### REQUIRED WORK:
Begin at the line below that has "module _ (rt : Runtime) (file" and stop after the line that has "pub record Accepted". Please restate only those lines, word for word.

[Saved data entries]

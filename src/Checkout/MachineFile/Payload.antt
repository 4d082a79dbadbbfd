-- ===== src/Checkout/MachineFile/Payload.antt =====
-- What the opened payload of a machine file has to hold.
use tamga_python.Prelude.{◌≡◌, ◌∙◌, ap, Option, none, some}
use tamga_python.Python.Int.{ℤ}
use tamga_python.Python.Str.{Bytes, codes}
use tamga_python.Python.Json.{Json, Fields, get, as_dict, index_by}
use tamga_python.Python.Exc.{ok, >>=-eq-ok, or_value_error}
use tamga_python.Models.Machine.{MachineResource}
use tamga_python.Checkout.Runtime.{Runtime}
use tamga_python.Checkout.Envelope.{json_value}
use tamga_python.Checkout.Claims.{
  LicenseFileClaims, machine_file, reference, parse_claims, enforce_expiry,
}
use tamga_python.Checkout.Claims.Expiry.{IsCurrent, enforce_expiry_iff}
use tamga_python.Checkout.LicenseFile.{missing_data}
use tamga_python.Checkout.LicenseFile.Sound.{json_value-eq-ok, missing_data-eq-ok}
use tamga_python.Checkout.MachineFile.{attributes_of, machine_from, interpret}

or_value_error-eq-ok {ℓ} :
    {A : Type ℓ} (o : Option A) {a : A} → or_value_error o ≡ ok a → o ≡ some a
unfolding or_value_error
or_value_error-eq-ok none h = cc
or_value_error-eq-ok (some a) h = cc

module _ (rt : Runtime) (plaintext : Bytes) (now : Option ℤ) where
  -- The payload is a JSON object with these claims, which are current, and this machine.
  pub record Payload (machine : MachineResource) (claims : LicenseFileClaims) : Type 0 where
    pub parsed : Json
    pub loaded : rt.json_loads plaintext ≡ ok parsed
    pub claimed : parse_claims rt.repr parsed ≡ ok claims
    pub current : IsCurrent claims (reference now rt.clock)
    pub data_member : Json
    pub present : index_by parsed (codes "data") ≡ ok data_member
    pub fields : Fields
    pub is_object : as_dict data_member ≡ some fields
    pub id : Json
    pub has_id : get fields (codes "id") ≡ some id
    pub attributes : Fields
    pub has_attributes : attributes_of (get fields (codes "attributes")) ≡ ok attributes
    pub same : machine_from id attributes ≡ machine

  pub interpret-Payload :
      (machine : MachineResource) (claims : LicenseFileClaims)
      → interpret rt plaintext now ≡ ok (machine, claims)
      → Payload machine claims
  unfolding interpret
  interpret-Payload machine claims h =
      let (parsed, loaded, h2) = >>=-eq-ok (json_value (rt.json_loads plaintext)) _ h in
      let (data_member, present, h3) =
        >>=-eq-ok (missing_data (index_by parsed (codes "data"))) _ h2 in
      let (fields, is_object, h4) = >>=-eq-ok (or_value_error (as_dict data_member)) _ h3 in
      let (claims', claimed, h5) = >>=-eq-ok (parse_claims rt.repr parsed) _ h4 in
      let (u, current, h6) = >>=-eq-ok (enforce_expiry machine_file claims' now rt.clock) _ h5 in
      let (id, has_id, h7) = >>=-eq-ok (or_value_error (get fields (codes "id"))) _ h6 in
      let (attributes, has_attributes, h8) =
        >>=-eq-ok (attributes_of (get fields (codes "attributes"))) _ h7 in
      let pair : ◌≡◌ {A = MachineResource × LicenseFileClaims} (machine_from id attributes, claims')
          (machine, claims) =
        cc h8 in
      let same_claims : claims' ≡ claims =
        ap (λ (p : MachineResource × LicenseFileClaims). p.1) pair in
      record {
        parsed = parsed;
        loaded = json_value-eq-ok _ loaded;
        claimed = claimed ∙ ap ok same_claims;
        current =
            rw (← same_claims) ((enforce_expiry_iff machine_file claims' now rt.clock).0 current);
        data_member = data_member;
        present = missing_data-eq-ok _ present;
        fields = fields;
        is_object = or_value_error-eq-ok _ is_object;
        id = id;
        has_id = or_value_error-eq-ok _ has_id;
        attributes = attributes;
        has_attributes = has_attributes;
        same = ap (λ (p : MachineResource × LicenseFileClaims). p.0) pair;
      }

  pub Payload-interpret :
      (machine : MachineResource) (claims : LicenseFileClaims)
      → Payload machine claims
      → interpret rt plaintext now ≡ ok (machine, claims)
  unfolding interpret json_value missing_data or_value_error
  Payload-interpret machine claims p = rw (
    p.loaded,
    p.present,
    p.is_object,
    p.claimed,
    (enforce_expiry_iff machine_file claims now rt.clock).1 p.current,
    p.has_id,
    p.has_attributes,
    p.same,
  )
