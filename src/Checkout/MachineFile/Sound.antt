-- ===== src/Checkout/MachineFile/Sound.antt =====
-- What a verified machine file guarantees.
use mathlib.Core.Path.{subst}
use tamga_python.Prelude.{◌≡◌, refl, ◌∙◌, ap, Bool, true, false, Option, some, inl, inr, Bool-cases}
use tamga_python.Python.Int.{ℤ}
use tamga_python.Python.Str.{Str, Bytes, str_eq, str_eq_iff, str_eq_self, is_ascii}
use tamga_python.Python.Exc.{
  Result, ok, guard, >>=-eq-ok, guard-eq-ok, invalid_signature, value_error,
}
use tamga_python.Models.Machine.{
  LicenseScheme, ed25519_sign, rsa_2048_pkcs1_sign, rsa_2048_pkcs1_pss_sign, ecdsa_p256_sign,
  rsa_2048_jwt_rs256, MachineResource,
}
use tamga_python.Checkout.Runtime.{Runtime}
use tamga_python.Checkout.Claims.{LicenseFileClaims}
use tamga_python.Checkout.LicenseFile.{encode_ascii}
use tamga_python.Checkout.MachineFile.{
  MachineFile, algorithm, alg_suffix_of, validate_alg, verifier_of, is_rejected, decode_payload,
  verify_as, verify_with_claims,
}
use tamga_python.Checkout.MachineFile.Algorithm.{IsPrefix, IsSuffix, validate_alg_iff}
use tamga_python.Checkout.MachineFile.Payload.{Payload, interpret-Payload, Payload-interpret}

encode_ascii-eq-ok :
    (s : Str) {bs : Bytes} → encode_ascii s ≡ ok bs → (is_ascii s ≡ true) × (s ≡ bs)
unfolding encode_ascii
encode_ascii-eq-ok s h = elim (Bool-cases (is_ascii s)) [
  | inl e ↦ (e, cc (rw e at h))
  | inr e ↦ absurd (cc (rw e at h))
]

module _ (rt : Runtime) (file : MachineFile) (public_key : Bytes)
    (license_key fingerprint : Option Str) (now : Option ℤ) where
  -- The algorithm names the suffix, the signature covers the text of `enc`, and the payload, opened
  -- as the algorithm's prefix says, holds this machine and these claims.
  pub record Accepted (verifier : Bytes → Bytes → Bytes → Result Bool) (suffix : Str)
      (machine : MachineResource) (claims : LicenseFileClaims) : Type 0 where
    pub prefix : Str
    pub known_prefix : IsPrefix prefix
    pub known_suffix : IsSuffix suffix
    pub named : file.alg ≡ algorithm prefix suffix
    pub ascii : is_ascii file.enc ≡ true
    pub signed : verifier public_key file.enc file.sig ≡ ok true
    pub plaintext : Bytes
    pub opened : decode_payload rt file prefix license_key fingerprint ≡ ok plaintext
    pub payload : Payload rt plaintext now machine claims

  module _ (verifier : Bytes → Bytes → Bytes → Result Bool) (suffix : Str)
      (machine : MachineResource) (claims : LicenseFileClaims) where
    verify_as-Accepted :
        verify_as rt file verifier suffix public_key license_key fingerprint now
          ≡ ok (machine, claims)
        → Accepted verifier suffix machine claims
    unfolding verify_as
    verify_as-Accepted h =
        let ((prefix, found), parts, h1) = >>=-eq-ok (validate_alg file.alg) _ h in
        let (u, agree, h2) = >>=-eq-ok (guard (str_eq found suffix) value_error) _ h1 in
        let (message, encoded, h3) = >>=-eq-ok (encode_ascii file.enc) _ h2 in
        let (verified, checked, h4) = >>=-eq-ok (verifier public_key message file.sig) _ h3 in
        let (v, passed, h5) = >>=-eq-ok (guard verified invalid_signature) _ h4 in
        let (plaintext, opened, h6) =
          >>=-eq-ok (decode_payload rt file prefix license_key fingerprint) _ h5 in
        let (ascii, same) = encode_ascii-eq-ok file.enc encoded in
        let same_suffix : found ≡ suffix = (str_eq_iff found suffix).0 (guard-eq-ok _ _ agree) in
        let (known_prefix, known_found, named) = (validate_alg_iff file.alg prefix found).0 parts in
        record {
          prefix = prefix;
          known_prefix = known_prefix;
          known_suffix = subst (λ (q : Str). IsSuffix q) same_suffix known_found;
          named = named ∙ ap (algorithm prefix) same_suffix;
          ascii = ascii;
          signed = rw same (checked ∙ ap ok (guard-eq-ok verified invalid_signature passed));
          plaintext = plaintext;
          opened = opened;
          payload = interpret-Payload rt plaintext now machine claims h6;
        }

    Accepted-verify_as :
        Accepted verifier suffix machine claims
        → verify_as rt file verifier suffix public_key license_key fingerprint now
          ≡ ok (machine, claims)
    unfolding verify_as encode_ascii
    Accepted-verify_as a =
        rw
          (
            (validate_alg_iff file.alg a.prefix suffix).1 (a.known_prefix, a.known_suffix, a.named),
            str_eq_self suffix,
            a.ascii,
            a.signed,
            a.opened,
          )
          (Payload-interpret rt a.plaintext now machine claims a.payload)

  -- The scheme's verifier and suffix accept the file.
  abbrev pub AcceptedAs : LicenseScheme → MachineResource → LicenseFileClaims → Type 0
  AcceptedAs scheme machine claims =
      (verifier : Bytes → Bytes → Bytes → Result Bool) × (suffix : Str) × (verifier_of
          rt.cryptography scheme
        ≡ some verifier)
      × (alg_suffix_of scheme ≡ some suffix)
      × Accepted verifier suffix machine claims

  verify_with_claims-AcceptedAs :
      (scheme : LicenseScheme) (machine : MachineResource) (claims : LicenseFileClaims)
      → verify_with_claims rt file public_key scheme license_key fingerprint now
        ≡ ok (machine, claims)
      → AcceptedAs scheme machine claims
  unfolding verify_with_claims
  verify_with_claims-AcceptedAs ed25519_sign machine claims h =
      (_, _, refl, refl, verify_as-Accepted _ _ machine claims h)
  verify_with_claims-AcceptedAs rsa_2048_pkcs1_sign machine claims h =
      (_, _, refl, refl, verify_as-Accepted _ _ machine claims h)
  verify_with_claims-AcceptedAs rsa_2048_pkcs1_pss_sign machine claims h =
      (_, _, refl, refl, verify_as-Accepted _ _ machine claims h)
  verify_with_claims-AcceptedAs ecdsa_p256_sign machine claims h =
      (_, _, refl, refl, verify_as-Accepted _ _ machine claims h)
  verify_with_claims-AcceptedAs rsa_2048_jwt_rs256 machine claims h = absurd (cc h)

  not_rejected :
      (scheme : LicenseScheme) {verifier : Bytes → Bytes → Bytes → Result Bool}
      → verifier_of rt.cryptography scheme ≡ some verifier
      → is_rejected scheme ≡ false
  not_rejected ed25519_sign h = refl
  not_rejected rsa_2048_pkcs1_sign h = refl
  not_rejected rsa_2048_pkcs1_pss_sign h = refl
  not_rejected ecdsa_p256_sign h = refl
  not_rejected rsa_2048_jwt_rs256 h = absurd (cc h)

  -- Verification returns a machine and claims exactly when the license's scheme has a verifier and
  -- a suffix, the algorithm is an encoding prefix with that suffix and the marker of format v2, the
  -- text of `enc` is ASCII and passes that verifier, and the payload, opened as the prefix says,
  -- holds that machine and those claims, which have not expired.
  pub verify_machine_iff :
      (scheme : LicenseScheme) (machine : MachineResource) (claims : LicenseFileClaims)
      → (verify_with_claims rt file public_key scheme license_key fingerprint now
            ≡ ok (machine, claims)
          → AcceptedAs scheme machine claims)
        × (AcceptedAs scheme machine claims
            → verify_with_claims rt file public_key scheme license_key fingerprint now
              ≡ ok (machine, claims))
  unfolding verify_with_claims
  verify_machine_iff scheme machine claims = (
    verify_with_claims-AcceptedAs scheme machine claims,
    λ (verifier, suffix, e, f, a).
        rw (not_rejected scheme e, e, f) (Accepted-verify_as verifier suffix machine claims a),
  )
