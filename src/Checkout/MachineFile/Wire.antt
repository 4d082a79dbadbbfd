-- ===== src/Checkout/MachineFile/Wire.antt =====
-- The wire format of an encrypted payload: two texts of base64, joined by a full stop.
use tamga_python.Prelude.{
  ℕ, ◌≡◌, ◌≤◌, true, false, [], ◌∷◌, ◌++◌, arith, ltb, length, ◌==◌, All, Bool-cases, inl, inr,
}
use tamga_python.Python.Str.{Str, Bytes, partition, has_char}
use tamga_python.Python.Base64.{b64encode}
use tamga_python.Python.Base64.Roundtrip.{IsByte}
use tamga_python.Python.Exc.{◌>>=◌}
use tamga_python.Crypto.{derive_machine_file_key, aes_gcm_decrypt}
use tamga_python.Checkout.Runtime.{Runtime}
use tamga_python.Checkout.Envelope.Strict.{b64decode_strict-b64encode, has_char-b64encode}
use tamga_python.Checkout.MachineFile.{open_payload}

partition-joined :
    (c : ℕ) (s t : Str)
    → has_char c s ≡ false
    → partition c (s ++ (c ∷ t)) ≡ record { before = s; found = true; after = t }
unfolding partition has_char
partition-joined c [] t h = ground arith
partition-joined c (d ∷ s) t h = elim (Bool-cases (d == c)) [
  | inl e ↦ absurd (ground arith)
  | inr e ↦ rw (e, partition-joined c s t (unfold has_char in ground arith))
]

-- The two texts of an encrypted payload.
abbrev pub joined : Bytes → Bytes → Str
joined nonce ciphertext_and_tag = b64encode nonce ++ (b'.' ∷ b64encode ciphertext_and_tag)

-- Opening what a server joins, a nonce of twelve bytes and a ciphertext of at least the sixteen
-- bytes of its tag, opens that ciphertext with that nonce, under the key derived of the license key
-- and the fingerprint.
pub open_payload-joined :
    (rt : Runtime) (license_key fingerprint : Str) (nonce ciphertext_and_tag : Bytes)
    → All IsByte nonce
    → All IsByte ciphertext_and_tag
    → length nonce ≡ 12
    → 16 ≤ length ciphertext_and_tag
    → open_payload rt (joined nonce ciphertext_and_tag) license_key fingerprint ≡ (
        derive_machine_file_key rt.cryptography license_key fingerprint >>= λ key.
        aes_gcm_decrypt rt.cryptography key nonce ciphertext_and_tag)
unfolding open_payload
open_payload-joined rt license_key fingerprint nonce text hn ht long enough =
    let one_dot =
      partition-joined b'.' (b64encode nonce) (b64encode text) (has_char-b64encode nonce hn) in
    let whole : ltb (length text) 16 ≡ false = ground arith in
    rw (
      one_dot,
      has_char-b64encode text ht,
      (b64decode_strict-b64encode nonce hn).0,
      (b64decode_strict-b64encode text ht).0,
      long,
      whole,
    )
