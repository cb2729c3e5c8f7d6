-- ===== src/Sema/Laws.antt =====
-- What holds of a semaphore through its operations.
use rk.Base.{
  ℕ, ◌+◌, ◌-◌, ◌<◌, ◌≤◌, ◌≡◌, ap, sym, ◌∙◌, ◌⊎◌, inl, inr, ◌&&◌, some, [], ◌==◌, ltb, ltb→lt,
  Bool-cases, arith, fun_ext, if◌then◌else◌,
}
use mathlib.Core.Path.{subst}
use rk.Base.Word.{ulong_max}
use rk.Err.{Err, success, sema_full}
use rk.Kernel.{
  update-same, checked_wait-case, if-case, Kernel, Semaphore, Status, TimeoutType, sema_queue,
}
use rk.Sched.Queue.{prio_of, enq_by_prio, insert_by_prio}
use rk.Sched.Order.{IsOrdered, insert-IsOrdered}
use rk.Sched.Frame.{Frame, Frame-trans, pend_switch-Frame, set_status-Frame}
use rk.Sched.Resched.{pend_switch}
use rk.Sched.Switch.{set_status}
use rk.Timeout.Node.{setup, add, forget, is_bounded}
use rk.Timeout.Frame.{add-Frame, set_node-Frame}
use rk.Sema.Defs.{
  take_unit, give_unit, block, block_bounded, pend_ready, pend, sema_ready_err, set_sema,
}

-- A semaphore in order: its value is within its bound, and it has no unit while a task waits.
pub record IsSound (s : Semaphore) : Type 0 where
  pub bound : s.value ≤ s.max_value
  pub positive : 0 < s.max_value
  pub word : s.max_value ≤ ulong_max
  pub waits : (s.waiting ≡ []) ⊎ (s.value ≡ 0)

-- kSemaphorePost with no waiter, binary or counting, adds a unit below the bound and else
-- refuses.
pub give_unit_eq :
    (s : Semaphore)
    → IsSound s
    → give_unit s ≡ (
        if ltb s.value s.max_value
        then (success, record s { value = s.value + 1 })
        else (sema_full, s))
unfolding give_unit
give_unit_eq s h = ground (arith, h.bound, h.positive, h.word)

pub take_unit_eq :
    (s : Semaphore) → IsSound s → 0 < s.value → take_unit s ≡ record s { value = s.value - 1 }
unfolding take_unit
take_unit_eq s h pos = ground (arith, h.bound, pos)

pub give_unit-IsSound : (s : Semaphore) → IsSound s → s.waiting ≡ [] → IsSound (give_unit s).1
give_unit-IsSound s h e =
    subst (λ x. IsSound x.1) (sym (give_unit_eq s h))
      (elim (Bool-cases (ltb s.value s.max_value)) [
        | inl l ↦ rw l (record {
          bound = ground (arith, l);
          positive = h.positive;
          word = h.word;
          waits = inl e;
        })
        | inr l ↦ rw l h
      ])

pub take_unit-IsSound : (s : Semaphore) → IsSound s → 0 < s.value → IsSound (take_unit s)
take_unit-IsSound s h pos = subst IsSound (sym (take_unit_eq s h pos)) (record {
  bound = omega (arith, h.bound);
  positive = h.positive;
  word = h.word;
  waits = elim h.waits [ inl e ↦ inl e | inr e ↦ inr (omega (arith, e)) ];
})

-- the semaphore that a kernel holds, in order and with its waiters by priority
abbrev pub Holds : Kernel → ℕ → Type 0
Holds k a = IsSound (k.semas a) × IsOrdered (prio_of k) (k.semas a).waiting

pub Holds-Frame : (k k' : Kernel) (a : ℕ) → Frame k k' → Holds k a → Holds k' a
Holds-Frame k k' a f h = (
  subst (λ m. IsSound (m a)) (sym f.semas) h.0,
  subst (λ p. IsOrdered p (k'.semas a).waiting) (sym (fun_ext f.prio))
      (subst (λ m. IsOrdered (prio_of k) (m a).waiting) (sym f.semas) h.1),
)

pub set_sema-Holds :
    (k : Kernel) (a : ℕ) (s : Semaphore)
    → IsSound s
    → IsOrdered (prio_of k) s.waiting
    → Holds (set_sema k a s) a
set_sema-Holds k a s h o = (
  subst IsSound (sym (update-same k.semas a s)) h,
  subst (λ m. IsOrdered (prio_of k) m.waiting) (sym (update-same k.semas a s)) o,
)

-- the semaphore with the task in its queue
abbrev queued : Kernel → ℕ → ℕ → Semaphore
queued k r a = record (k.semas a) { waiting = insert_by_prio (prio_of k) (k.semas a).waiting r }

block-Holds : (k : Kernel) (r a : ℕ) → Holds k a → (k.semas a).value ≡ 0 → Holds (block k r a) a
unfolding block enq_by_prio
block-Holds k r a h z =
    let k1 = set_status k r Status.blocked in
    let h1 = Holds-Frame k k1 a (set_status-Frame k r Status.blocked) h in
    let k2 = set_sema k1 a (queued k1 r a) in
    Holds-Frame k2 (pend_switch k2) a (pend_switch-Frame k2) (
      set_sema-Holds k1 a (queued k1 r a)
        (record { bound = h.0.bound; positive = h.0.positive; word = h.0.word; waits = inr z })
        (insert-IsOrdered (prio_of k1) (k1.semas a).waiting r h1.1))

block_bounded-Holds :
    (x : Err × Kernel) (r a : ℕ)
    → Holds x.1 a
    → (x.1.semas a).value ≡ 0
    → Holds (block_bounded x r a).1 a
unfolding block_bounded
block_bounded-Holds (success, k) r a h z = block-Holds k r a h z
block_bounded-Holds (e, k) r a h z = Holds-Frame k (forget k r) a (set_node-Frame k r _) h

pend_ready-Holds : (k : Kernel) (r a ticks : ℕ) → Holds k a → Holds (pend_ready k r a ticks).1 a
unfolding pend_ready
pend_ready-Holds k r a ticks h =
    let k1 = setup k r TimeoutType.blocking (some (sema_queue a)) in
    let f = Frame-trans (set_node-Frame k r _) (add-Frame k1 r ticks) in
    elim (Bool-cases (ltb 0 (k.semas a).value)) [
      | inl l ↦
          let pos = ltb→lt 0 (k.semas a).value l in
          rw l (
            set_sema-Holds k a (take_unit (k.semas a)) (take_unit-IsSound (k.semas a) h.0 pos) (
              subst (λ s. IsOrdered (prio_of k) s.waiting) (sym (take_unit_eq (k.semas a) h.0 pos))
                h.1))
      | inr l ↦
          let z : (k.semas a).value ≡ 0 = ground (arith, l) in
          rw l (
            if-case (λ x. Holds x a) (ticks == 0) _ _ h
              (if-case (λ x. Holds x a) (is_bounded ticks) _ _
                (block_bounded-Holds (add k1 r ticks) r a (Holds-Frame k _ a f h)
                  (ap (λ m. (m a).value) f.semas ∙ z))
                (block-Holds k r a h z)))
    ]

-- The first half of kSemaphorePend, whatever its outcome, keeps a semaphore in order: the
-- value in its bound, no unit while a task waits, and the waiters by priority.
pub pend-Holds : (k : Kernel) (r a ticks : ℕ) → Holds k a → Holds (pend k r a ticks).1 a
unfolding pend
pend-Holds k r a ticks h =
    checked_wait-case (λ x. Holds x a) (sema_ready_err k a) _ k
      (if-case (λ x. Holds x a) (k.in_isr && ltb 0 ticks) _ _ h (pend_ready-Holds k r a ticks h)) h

### WRITTEN RESPONSE:
module _ (rt : Runtime) (file : MachineFile) (public_key : Bytes)
    (license_key fingerprint : Option Str) (now : Option ℤ) where
  -- The algorithm names the suffix, the signature covers the text of `enc`, and the payload, opened
  -- as the algorithm's prefix says, holds this machine and these claims.
  pub record Accepted (verifier : Bytes → Bytes → Bytes → Result Bool) (suffix : Str)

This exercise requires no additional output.